I guess you missed the posts I made following this. IF this is truly the case, there is an equipment malfunction that has not been addressed, and the property management team is failing. I highly doubt that if a DTL or GVP was told that guests are fainting in one of their stores due to heat, they would ignore it.

But I guess if everyone had their way we’d keep all stores at 65° 24/7 year round. Just don’t faint when your hours and raises get cut further to make up the cost of running that equipment ¯\_(ツ)_/¯
I know several stores that have solar equipment on their roofs and the temp in the store is still warm. Solar is there to cut energy costs.
 
So like, how much control does Target have over the AC/Heat? Isn't this just a matter of how good of a building you're in? My store is relatively warm. But some spots are freezing cold, and others are super hot. And of course, the front end is always scorching.

Stores are always patchy. Hotter some places than others. It’s hard to maintain one constant temp over 40,000+ sq.ft of building. Some of it has to do with the structure itself, but there are other factors that have to do with RTU sensor placement, window and door locations, refrigeration unit placement. And HQ has direct control over temperature points always. To have a temp points changed usually takes a couple weeks of monitoring as well as district and group level collaboration. It’s a long and tedious road to justify climate control costs.

It’s somehow a LOT colder in the cash office than the whole rest of my store for some reason

That’s because the same unit that keeps the control room at temp is the same unit for the CO in most cases and it’s not a split unit. It only does COLD or HOT and the control room never gets cold lol

The only exception I have seen in nearly 20 years is having the grocery side lowered to compensate for high humidity causing excess condensation.

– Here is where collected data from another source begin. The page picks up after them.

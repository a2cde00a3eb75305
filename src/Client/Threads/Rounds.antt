-- ===== src/Client/Threads/Rounds.antt =====
-- The steps of the two threads of client/main.cpp once `RUN` is false and the eventfd was written to.
use irc_chat.Base.{nat_eq}
use irc_chat.Base.{
  ℕ, suc, ◌≤◌, ◌-◌, ◌≡◌, refl, Bool, true, false, ◌&&◌, ◌||◌, List, [], ◌∷◌, ◌++◌, Str, ap, codes,
  str_eq, runtime_error, ◌∙◌, arith, Result, ok, throw, inl, inr, Bool-cases, ◌==◌,
}
use irc_chat.Client.Input.{ReadLineResult, reading, ready, eof, read_line}
use irc_chat.Client.Receive.{receive}
use irc_chat.Client.Send.{send_line, Socket, SendRun, Ending, done, stopped, faulted}
use irc_chat.Client.Translate.{line_of}
use irc_chat.Client.Threads.{
  Thread, looping, waiting, left, failed, Client, shutdown, WaitAnswer, wait_failed, shutdown_event,
  ready_event, RecvAnswer, recv_failed, data_read, sender_then, receiver_then, sent_line,
  quit_typed, send_input, key_pressed, send_round, received_bytes, recv_round, Turn, sends,
  receives, interrupt, is_failed, sender_turn, receiver_turn, turn,
}

abbrev pub is_left : Thread → Bool
is_left left = true
is_left _ = false

-- An exception has ended the process.
abbrev pub is_dead : Client → Bool
is_dead c = is_failed c.sender || is_failed c.receiver

-- Both threads are behind their loops, or an exception has ended the process.
abbrev pub is_over : Client → Bool
is_over c = is_dead c || (is_left c.sender && is_left c.receiver)

abbrev pub count_sends : List Turn → ℕ
count_sends [] = 0
count_sends (sends wait ch k fails ∷ ts) = suc (count_sends ts)
count_sends (_ ∷ ts) = count_sends ts

abbrev pub count_receives : List Turn → ℕ
count_receives [] = 0
count_receives (receives wait answer fails ∷ ts) = suc (count_receives ts)
count_receives (_ ∷ ts) = count_receives ts

-- The turns that a thread takes at most once it has to stop.
abbrev pub rank : Thread → ℕ
rank (waiting buf) = 2
rank (looping buf) = 1
rank _ = 0

-- The threads have to stop: `RUN` is false, and no wait blocks.
pub record Awake (c : Client) : Type 0 where
  pub off : c.run ≡ false
  pub woken : 1 ≤ c.wakes

-- A step of the sender, which does not block, leaves `RUN`, the writes and the receiver.
pub record SenderRan (c c' : Client) : Type 0 where
  pub keeps : Awake c → Awake c'
  rested : rank c'.sender ≤ 1
  other : c'.receiver ≡ c.receiver

record ReceiverRan (c c' : Client) : Type 0 where
  keeps : Awake c → Awake c'
  rested : rank c'.receiver ≤ 1
  other : c'.sender ≡ c.sender

sender_then-SenderRan :
    (next : Thread) (fails : Bool) (c : Client)
    → rank next ≤ 1
    → SenderRan c (sender_then next (shutdown fails c))
unfolding sender_then shutdown
sender_then-SenderRan next true c le = record {
  keeps = λ h. record { off = refl; woken = h.woken };
  rested = omega arith;
  other = refl;
}
sender_then-SenderRan next false c le = record {
  keeps = λ h. record { off = refl; woken = omega arith };
  rested = le;
  other = refl;
}

receiver_then-ReceiverRan :
    (next : Thread) (fails : Bool) (c : Client)
    → rank next ≤ 1
    → ReceiverRan c (receiver_then next (shutdown fails c))
unfolding receiver_then shutdown
receiver_then-ReceiverRan next true c le = record {
  keeps = λ h. record { off = refl; woken = h.woken };
  rested = omega arith;
  other = refl;
}
receiver_then-ReceiverRan next false c le = record {
  keeps = λ h. record { off = refl; woken = omega arith };
  rested = le;
  other = refl;
}

-- The sender alone is written.
sets_sender :
    (c : Client) (wire : Str) (next : Thread)
    → rank next ≤ 1
    → SenderRan c (record c { wire = wire; sender = next })
sets_sender c wire next le = record {
  keeps = λ h. record { off = h.off; woken = h.woken };
  rested = le;
  other = refl;
}

sent_line-SenderRan : (fails : Bool) (r : SendRun) (c : Client) → SenderRan c (sent_line fails r c)
unfolding sent_line
sent_line-SenderRan fails r c = go r.ending
  where
    go :
        (e : Ending)
        → SenderRan c (elim e as (λ _. Client) [
          | done ↦ record c { wire = c.wire ++ r.wire; sender = looping [] }
          | stopped ↦
              sender_then (looping []) (shutdown fails (record c { wire = c.wire ++ r.wire }))
          | faulted e ↦ record c { wire = c.wire ++ r.wire; sender = failed e }
        ])
    go done = sets_sender c _ (looping []) (omega arith)
    go (faulted e) = sets_sender c _ (failed e) (omega arith)
    go stopped =
        let h =
          sender_then-SenderRan (looping []) fails (record c { wire = c.wire ++ r.wire })
            (omega arith) in
        record {
          keeps = λ q. h.keeps (record { off = q.off; woken = q.woken });
          rested = h.rested;
          other = h.other;
        }

line-SenderRan :
    (fails : Bool) (k : Socket) (l : Result Str) (c : Client)
    → SenderRan c (elim l as (λ _. Client) [
      | throw e ↦ record c { sender = failed e }
      | ok line ↦ sent_line fails (send_line (λ i. c.run) k line) c
    ])
line-SenderRan fails k (throw e) c = sets_sender c c.wire (failed e) (omega arith)
line-SenderRan fails k (ok line) c = sent_line-SenderRan fails (send_line (λ i. c.run) k line) c

-- The line is sent, behind the `shutdown` of `/quit`.
pub send_input-SenderRan :
    (fails : Bool) (k : Socket) (input : Str) (r : Result (Unit {0}) × Client) (c : Client)
    → (Awake c → Awake r.1)
    → r.1.receiver ≡ c.receiver
    → SenderRan c (send_input fails k input r)
unfolding send_input
send_input-SenderRan fails k input (throw e, d) c keeps other = record {
  keeps = λ h. let a = keeps h in record { off = a.off; woken = a.woken };
  rested = omega arith;
  other = other;
}
send_input-SenderRan fails k input (ok _, d) c keeps other =
    let q = line-SenderRan fails k (line_of input) d in
    record { keeps = λ h. q.keeps (keeps h); rested = q.rested; other = q.other ∙ other }

quit_typed-Awake :
    (fails : Bool) (input : Str) (c : Client)
    → (Awake c → Awake (quit_typed fails input c).1)
      × ((quit_typed fails input c).1.receiver ≡ c.receiver)
unfolding quit_typed shutdown
quit_typed-Awake fails input c = elim (Bool-cases (str_eq input (codes "/quit"))) [
  | inr other ↦ rw other ((λ h. h), refl)
  | inl quit ↦ rw quit (go fails)
]
  where
    go : (b : Bool) → (Awake c → Awake (shutdown b c).1) × ((shutdown b c).1.receiver ≡ c.receiver)
    go true = ((λ h. record { off = refl; woken = h.woken }), refl)
    go false = ((λ h. record { off = refl; woken = omega arith }), refl)

module _ (key_backspace : ℕ) where
  key_pressed-SenderRan :
      (fails : Bool) (k : Socket) (key : Str × ReadLineResult) (c : Client)
      → SenderRan c (key_pressed key_backspace fails k key c)
  unfolding key_pressed
  key_pressed-SenderRan fails k (buf, reading) c = sets_sender c c.wire (looping buf) (omega arith)
  key_pressed-SenderRan fails k (buf, eof) c =
      sender_then-SenderRan (looping buf) fails c (omega arith)
  key_pressed-SenderRan fails k (buf, ready) c =
      let (keeps, other) = quit_typed-Awake fails buf c in
      send_input-SenderRan fails k buf (quit_typed fails buf c) c keeps other

  send_round-SenderRan :
      (wait : WaitAnswer) (ch : ℕ) (k : Socket) (fails : Bool) (buf : Str) (c : Client)
      → Awake c
      → SenderRan c (send_round key_backspace wait ch k fails buf c)
  unfolding send_round
  send_round-SenderRan wait_failed ch k fails buf c h =
      sets_sender c c.wire (failed runtime_error) (omega arith)
  send_round-SenderRan shutdown_event ch k fails buf c h =
      let awake : (c.wakes == 0) ≡ false = ground (arith, h.woken) in
      rw awake (sets_sender c c.wire (looping buf) (omega arith))
  send_round-SenderRan ready_event ch k fails buf c h =
      key_pressed-SenderRan fails k (read_line key_backspace ch buf) c

received_bytes-ReceiverRan :
    (fails : Bool) (msg_str : Str) (answer : RecvAnswer) (c : Client)
    → ReceiverRan c (received_bytes fails msg_str answer c)
unfolding received_bytes
received_bytes-ReceiverRan fails msg_str recv_failed c = record {
  keeps = λ h. record { off = h.off; woken = h.woken };
  rested = omega arith;
  other = refl;
}
received_bytes-ReceiverRan fails msg_str (data_read []) c =
    receiver_then-ReceiverRan left fails c (omega arith)
received_bytes-ReceiverRan fails msg_str (data_read (b ∷ bytes)) c =
    go (receive (b ∷ bytes) msg_str)
  where
    go :
        (r : Result (Str × Str))
        → ReceiverRan c (elim r as (λ _. Client) [
          | throw e ↦ record c { receiver = failed e }
          | ok (shown, rest) ↦ record c { screen = c.screen ++ shown; receiver = looping rest }
        ])
    go (throw e) = record {
      keeps = λ h. record { off = h.off; woken = h.woken };
      rested = omega arith;
      other = refl;
    }
    go (ok (shown, rest)) = record {
      keeps = λ h. record { off = h.off; woken = h.woken };
      rested = omega arith;
      other = refl;
    }

recv_round-ReceiverRan :
    (wait : WaitAnswer) (answer : RecvAnswer) (fails : Bool) (msg_str : Str) (c : Client)
    → Awake c
    → ReceiverRan c (recv_round wait answer fails msg_str c)
unfolding recv_round
recv_round-ReceiverRan wait_failed answer fails msg_str c h = record {
  keeps = λ q. record { off = q.off; woken = q.woken };
  rested = omega arith;
  other = refl;
}
recv_round-ReceiverRan shutdown_event answer fails msg_str c h =
    let awake : (c.wakes == 0) ≡ false = ground (arith, h.woken) in
    rw awake (record {
      keeps = λ q. record { off = q.off; woken = q.woken };
      rested = omega arith;
      other = refl;
    })
recv_round-ReceiverRan ready_event answer fails msg_str c h =
    received_bytes-ReceiverRan fails msg_str answer c

-- A turn of either thread where both have to stop: its rank falls, and the other's stays.
pub record TurnRan (down_s down_r : ℕ) (c c' : Client) : Type 0 where
  pub keeps : Awake c'
  pub sender : rank c'.sender ≤ rank c.sender - down_s
  pub receiver : rank c'.receiver ≤ rank c.receiver - down_r

module _ (key_backspace : ℕ) (c : Client) (h : Awake c) (alive : is_dead c ≡ false) where
  pub sends-TurnRan :
      (wait : WaitAnswer) (ch : ℕ) (k : Socket) (fails : Bool)
      → TurnRan 1 0 c (turn key_backspace (sends wait ch k fails) c)
  unfolding turn sender_turn
  sends-TurnRan wait ch k fails = rw alive (go c.sender refl)
    where
      go :
          (s : Thread)
          → c.sender ≡ s
          → TurnRan 1 0 c (sender_turn s (send_round key_backspace wait ch k fails) c)
      go (looping buf) e = record {
        keeps = record { off = h.off; woken = h.woken };
        sender = ground (arith, h.off);
        receiver = ground (arith, h.off);
      }
      go (waiting buf) e =
          let q = send_round-SenderRan key_backspace wait ch k fails buf c h in
          record {
            keeps = q.keeps h;
            sender = ground (arith, q.rested, ap rank e);
            receiver = rw q.other (omega arith);
          }
      go left e = record { keeps = h; sender = rw e (omega arith); receiver = omega arith }
      go (failed x) e = record { keeps = h; sender = rw e (omega arith); receiver = omega arith }

  pub receives-TurnRan :
      (wait : WaitAnswer) (answer : RecvAnswer) (fails : Bool)
      → TurnRan 0 1 c (turn key_backspace (receives wait answer fails) c)
  unfolding turn receiver_turn
  receives-TurnRan wait answer fails = rw alive (go c.receiver refl)
    where
      go :
          (s : Thread)
          → c.receiver ≡ s
          → TurnRan 0 1 c (receiver_turn s (recv_round wait answer fails) c)
      go (looping buf) e = record {
        keeps = record { off = h.off; woken = h.woken };
        sender = ground (arith, h.off);
        receiver = ground (arith, h.off);
      }
      go (waiting buf) e =
          let q = recv_round-ReceiverRan wait answer fails buf c h in
          record {
            keeps = q.keeps h;
            receiver = ground (arith, q.rested, ap rank e);
            sender = rw q.other (omega arith);
          }
      go left e = record { keeps = h; receiver = rw e (omega arith); sender = omega arith }
      go (failed x) e = record { keeps = h; receiver = rw e (omega arith); sender = omega arith }

  pub interrupt-TurnRan : (fails : Bool) → TurnRan 0 0 c (turn key_backspace (interrupt fails) c)
  unfolding turn shutdown
  interrupt-TurnRan true = rw alive (record {
    keeps = record { off = refl; woken = h.woken };
    sender = omega arith;
    receiver = omega arith;
  })
  interrupt-TurnRan false = rw alive (record {
    keeps = record { off = refl; woken = omega arith };
    sender = omega arith;
    receiver = omega arith;
  })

Market really needs it’s own dehumidifying unit but the costs for new ducting can be astronomical. It’s cheaper to make a normal RTU work overtime to stay cooler. Combine that with the fans on the refrigerated cases making air hot and the case itself cooling.... it’s just an HVAC nightmare since target has dropped ceilings . If the ceilings were 20-25 feet tall you wouldn’t have condensation issues. Normal grocery stores have super tall ceilings to help compensate the condensate.